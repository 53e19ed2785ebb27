-- ===== src/KeyRing/App.antt =====
-- old/app.go: what the former program's window calls, the settings it saves, and the menu items that
-- show whether the log is written. `settings` is set before the program starts.
pub mod Saved
use omni_sshagent.Base.{
  ℕ, ◌+◌, ◌≤◌, Bool, true, false, not, List, [], ◌∷◌, ◌++◌, Option, none, some, Result, ok, err,
  leb, length, take, if◌then◌else◌, ◌≡◌, ◌≢◌, refl, ap, ◌∙◌, arith, length-append, length-take,
  Bool-cases, Result-cases, inl, inr,
}
use omni_sshagent.Base.Text.{Text, codes, equal, equal_iff, is_empty}
use omni_sshagent.KeyRing.{
  PrivateKeyFile, SaveData, System, State, Fault, failed, panicked, Step, done, fail, ◌>>=◌, ◌>>◌,
}
use omni_sshagent.KeyRing.Store.{save}
use omni_sshagent.KeyRing.Settings.{add_key_settings, delete_key_settings}
use omni_sshagent.KeyRing.Load.{local_store}
use omni_sshagent.KeyRing.Agent.{add_key, remove_key}
use omni_sshagent.KeyRing.Listing.{find_priv_key}

-- Bytes of a fingerprint, which is ASCII.
unfoldable pub truncate_string : Text → Text
truncate_string s = if leb (length s) 16 then s else take 16 s ++ codes "..."

-- The agents that `startup` runs.
pub data Started : Type 0 where
  pageant : Started
  named_pipe : Started
  unix_socket : Text → Started
  cygwin : Text → Started

abbrev started_if : Bool → Started → List Started
started_if b a = if b then a ∷ [] else []

unfoldable pub started : SaveData → List Started
started d =
    started_if d.pageant_agent pageant
    ++ started_if d.named_pipe_agent named_pipe
    ++ started_if d.unix_socket_agent (unix_socket d.unix_socket_path)
    ++ started_if d.cyg_win_agent (cygwin d.cyg_win_socket_path)

module _ (sys : System) where
  -- A menu item is nil until the tray is ready; then it is checked, or enabled, or not.
  pub record App : Type 0 where
    pub ring : State sys
    pub log_enabled : Bool
    pub debug_item : Option Bool
    pub dir_item : Option Bool
    pub balloons : List Text

  abbrev pub set_item : Bool → Option Bool → Option Bool
  set_item b none = none
  set_item b (some old) = some b

  unfoldable pub apply_debug_log_menu_state : App → App
  apply_debug_log_menu_state a = elim a.debug_item [
    | none ↦ a
    | some old ↦ record a {
      debug_item = some a.log_enabled;
      dir_item = set_item a.log_enabled a.dir_item;
    }
  ]

  unfoldable pub set_debug_log_enabled : Bool → App → App
  unfolding apply_debug_log_menu_state
  set_debug_log_enabled enabled a = apply_debug_log_menu_state (record a {
    log_enabled = enabled;
    ring = record a.ring { save_data = record a.ring.save_data { debug_log = enabled } };
  })

  abbrev on_ring : {A : Type 0} → Step (State sys) A → Step App A
  on_ring step a = let (ring, r) = step a.ring in (record a { ring = ring }, r)

  -- `App.Save`; the keys and the flag of the log are not taken from `d` here.
  unfoldable pub save_settings : SaveData → Step App Unit
  unfolding set_debug_log_enabled
  save_settings d a =
      let b = set_debug_log_enabled d.debug_log a in
      let old = b.ring.save_data in
      on_ring (save sys) (record b {
        ring = record b.ring {
          save_data = record d { keys = old.keys; debug_log = old.debug_log };
        };
      })

  unfoldable pub add_local_file : PrivateKeyFile → Step (State sys) Unit
  add_local_file key =
      add_key_settings sys (record key { name = sys.base key.file_path; store_type = local_store })
      >>= add_key sys

  -- `DeleteKey`, with the answer of the dialog.
  unfoldable pub delete_key : Result Text Text → Text → Step (State sys) Unit
  delete_key (err e) sha256 s = (s, err (failed e))
  delete_key (ok answer) sha256 s =
      if not (equal answer (codes "Yes"))
      then (s, err (failed (codes "cancel")))
      else (remove_key sys sha256 >> delete_key_settings sys sha256) s

  used_name : PrivateKeyFile → Text
  unfolding truncate_string
  used_name key =
      if is_empty key.public_key.comment
      then truncate_string key.public_key.sha256
      else key.public_key.comment

  tell : Option PrivateKeyFile → Step App Unit
  unfolding used_name
  tell none a = (a, err (failed (codes "private key not found")))
  tell (some key) a =
      if a.ring.save_data.show_balloon
      then (
        record a {
          balloons = a.balloons ++ (codes "SSH Key '" ++ used_name key ++ codes "' was used") ∷ [];
        },
        ok tt,
      )
      else (a, ok tt)

  -- `onSign`
  unfoldable pub on_sign : sys.SshKey → Step App Unit
  unfolding tell
  on_sign key a = let (ring, k) = find_priv_key sys key a.ring in tell k (record a { ring = ring })

-- The text of a balloon has at most 19 bytes of a fingerprint.
pub length-truncate_string : (s : Text) → length (truncate_string s) ≤ 19
unfolding truncate_string
length-truncate_string s = ground (arith, length-append (take 16 s) (codes "..."), length-take 16 s)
____________________
> Task directions: Retype the material above, character for character.

> Result of the task:
repository 53e19ed2785ebb27
-- ===== src/KeyRing/App.antt =====
-- old/app.go: what the former program's window calls, the settings it saves, and the menu items that
-- show whether the log is written. `settings` is set before the program starts.
pub mod Saved
use omni_sshagent.Base.{
  ℕ, ◌+◌, ◌≤◌, Bool, true, false, not, List, [], ◌∷◌, ◌++◌, Option, none, some, Result, ok, err,
  leb, length, take, if◌then◌else◌, ◌≡◌, ◌≢◌, refl, ap, ◌∙◌, arith, length-append, length-take,
  Bool-cases, Result-cases, inl, inr,
}
use omni_sshagent.Base.Text.{Text, codes, equal, equal_iff, is_empty}
use omni_sshagent.KeyRing.{
  PrivateKeyFile, SaveData, System, State, Fault, failed, panicked, Step, done, fail, ◌>>=◌, ◌>>◌,
}
use omni_sshagent.KeyRing.Store.{save}
use omni_sshagent.KeyRing.Settings.{add_key_settings, delete_key_settings}
use omni_sshagent.KeyRing.Load.{local_store}
use omni_sshagent.KeyRing.Agent.{add_key, remove_key}
use omni_sshagent.KeyRing.Listing.{find_priv_key}

-- Bytes of a fingerprint, which is ASCII.
unfoldable pub truncate_string : Text → Text
truncate_string s = if leb (length s) 16 then s else take 16 s ++ codes "..."

-- The agents that `startup` runs.
pub data Started : Type 0 where
  pageant : Started
  named_pipe : Started
  unix_socket : Text → Started
  cygwin : Text → Started

abbrev started_if : Bool → Started → List Started
started_if b a = if b then a ∷ [] else []

unfoldable pub started : SaveData → List Started
started d =
    started_if d.pageant_agent pageant
    ++ started_if d.named_pipe_agent named_pipe
    ++ started_if d.unix_socket_agent (unix_socket d.unix_socket_path)
    ++ started_if d.cyg_win_agent (cygwin d.cyg_win_socket_path)

module _ (sys : System) where
  -- A menu item is nil until the tray is ready; then it is checked, or enabled, or not.
  pub record App : Type 0 where
    pub ring : State sys
    pub log_enabled : Bool
    pub debug_item : Option Bool
    pub dir_item : Option Bool
    pub balloons : List Text

  abbrev pub set_item : Bool → Option Bool → Option Bool
  set_item b none = none
  set_item b (some old) = some b

  unfoldable pub apply_debug_log_menu_state : App → App
  apply_debug_log_menu_state a = elim a.debug_item [
    | none ↦ a
    | some old ↦ record a {
      debug_item = some a.log_enabled;
      dir_item = set_item a.log_enabled a.dir_item;
    }
  ]

  unfoldable pub set_debug_log_enabled : Bool → App → App
  unfolding apply_debug_log_menu_state
  set_debug_log_enabled enabled a = apply_debug_log_menu_state (record a {
    log_enabled = enabled;
    ring = record a.ring { save_data = record a.ring.save_data { debug_log = enabled } };
  })

  abbrev on_ring : {A : Type 0} → Step (State sys) A → Step App A
  on_ring step a = let (ring, r) = step a.ring in (record a { ring = ring }, r)

  -- `App.Save`; the keys and the flag of the log are not taken from `d` here.
  unfoldable pub save_settings : SaveData → Step App Unit
  unfolding set_debug_log_enabled
  save_settings d a =
      let b = set_debug_log_enabled d.debug_log a in
      let old = b.ring.save_data in
      on_ring (save sys) (record b {
        ring = record b.ring {
          save_data = record d { keys = old.keys; debug_log = old.debug_log };
        };
      })

  unfoldable pub add_local_file : PrivateKeyFile → Step (State sys) Unit
  add_local_file key =
      add_key_settings sys (record key { name = sys.base key.file_path; store_type = local_store })
      >>= add_key sys

  -- `DeleteKey`, with the answer of the dialog.
  unfoldable pub delete_key : Result Text Text → Text → Step (State sys) Unit
  delete_key (err e) sha256 s = (s, err (failed e))
  delete_key (ok answer) sha256 s =
      if not (equal answer (codes "Yes"))
      then (s, err (failed (codes "cancel")))
      else (remove_key sys sha256 >> delete_key_settings sys sha256) s

  used_name : PrivateKeyFile → Text
  unfolding truncate_string
  used_name key =
      if is_empty key.public_key.comment
      then truncate_string key.public_key.sha256
      else key.public_key.comment

  tell : Option PrivateKeyFile → Step App Unit
  unfolding used_name
  tell none a = (a, err (failed (codes "private key not found")))
  tell (some key) a =
      if a.ring.save_data.show_balloon
      then (
        record a {
          balloons = a.balloons ++ (codes "SSH Key '" ++ used_name key ++ codes "' was used") ∷ [];
        },
        ok tt,
      )
      else (a, ok tt)

  -- `onSign`
  unfoldable pub on_sign : sys.SshKey → Step App Unit
  unfolding tell
  on_sign key a = let (ring, k) = find_priv_key sys key a.ring in tell k (record a { ring = ring })

-- The text of a balloon has at most 19 bytes of a fingerprint.
pub length-truncate_string : (s : Text) → length (truncate_string s) ≤ 19
unfolding truncate_string
length-truncate_string s = ground (arith, length-append (take 16 s) (codes "..."), length-take 16 s)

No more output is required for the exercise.